=== Begin Enclosure ===

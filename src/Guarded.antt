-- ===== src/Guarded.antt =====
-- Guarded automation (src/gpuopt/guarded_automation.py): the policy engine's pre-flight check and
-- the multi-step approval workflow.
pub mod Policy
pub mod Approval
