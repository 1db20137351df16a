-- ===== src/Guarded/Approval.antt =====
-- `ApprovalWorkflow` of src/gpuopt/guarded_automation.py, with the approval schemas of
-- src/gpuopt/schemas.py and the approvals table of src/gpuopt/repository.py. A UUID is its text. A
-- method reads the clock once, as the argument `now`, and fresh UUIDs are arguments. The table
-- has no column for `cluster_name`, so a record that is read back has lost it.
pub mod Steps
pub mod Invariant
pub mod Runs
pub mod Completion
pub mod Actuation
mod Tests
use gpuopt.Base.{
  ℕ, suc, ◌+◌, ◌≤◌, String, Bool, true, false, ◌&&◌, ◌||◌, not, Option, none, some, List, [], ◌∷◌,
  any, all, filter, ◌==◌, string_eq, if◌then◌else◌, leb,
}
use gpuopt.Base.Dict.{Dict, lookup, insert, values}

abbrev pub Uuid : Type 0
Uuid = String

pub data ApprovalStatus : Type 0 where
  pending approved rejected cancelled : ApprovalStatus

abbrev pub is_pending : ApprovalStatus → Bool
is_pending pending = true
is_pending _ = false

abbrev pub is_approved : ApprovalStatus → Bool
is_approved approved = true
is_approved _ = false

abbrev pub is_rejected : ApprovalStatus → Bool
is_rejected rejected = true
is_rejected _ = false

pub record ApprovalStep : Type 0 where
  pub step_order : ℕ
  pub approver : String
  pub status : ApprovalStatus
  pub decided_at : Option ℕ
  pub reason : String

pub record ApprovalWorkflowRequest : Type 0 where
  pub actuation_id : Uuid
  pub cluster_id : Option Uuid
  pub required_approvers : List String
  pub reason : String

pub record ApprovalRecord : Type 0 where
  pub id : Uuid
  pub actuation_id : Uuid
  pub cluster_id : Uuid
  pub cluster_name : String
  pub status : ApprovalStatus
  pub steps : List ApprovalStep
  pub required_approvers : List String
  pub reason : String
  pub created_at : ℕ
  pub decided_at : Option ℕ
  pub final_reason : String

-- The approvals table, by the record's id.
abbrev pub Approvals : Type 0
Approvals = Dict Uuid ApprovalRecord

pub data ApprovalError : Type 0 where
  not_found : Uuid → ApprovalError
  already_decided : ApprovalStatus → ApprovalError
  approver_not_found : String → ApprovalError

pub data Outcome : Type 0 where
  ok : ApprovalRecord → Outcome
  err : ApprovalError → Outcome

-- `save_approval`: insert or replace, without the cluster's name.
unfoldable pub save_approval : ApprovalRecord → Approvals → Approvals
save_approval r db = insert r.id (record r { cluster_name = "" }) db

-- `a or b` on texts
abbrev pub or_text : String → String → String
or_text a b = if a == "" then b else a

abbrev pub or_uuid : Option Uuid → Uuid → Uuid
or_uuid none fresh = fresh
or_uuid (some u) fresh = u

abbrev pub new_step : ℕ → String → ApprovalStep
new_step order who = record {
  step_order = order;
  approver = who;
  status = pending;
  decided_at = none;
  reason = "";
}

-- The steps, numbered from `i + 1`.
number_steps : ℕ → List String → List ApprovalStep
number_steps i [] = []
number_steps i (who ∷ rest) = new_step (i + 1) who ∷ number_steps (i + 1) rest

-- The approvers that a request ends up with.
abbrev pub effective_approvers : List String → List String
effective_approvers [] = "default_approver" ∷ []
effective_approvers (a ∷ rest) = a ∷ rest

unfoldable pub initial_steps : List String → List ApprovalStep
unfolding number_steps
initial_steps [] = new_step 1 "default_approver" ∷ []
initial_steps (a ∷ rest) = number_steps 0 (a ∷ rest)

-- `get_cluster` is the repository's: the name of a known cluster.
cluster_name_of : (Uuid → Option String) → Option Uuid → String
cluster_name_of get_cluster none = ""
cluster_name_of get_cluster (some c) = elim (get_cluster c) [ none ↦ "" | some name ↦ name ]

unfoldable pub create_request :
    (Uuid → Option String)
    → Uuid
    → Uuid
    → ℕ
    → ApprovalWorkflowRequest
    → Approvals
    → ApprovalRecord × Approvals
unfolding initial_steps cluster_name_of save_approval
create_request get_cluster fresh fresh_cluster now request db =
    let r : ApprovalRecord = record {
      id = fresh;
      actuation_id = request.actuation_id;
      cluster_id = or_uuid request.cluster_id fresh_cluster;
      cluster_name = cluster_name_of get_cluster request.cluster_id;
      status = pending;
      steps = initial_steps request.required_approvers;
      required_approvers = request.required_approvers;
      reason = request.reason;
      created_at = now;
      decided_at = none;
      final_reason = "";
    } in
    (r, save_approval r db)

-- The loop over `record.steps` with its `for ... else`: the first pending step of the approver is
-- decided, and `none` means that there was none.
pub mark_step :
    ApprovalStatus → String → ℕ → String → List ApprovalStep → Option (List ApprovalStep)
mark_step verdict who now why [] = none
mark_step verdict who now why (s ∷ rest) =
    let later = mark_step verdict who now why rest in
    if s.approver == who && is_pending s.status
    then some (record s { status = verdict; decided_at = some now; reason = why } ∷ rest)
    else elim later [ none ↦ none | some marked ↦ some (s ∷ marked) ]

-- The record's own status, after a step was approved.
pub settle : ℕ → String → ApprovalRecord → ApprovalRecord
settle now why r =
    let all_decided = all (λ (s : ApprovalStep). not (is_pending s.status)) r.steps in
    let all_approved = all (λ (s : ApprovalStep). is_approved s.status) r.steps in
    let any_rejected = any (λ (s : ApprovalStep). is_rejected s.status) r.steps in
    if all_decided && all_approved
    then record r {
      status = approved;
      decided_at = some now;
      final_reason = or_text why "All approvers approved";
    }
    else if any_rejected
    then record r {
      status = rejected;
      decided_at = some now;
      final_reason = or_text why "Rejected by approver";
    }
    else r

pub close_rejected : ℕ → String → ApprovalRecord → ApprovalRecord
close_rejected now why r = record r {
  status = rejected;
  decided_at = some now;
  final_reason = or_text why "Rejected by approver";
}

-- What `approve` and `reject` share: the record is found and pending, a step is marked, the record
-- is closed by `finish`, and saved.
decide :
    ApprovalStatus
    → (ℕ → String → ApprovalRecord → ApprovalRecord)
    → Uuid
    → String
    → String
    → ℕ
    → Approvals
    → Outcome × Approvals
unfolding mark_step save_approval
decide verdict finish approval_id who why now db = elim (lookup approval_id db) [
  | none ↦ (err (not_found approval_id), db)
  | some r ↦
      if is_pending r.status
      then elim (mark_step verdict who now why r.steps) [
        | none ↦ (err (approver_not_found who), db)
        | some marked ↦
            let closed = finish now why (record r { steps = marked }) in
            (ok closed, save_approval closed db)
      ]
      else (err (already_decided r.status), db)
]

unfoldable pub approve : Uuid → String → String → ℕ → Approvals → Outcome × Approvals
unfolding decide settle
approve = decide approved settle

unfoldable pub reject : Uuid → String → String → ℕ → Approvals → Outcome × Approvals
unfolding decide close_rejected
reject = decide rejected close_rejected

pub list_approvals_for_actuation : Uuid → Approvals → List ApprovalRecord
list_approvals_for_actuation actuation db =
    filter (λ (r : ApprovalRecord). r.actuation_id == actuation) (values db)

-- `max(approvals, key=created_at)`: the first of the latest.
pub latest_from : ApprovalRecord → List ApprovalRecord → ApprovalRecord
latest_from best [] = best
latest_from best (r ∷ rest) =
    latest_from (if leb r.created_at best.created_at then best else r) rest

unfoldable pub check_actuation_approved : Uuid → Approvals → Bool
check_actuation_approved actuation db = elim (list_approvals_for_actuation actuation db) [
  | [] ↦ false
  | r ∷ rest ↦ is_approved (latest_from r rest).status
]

=== End Enclosure ===

- YOUR INSTRUCTIONS: Reproduce verbatim the lines above, from the line with "(not_found approval_id), db)" through the line with "latest_from best (r".

- ANSWER SECTION:
  | none ↦ (err (not_found approval_id), db)
  | some r ↦
      if is_pending r.status
      then elim (mark_step verdict who now why r.steps) [
        | none ↦ (err (approver_not_found who), db)
        | some marked ↦
            let closed = finish now why (record r { steps = marked }) in
            (ok closed, save_approval closed db)
      ]
      else (err (already_decided r.status), db)
]

unfoldable pub approve : Uuid → String → String → ℕ → Approvals → Outcome × Approvals
unfolding decide settle
approve = decide approved settle

unfoldable pub reject : Uuid → String → String → ℕ → Approvals → Outcome × Approvals
unfolding decide close_rejected
reject = decide rejected close_rejected

pub list_approvals_for_actuation : Uuid → Approvals → List ApprovalRecord
list_approvals_for_actuation actuation db =
    filter (λ (r : ApprovalRecord). r.actuation_id == actuation) (values db)

-- `max(approvals, key=created_at)`: the first of the latest.
pub latest_from : ApprovalRecord → List ApprovalRecord → ApprovalRecord
latest_from best [] = best
latest_from best (r ∷ rest) =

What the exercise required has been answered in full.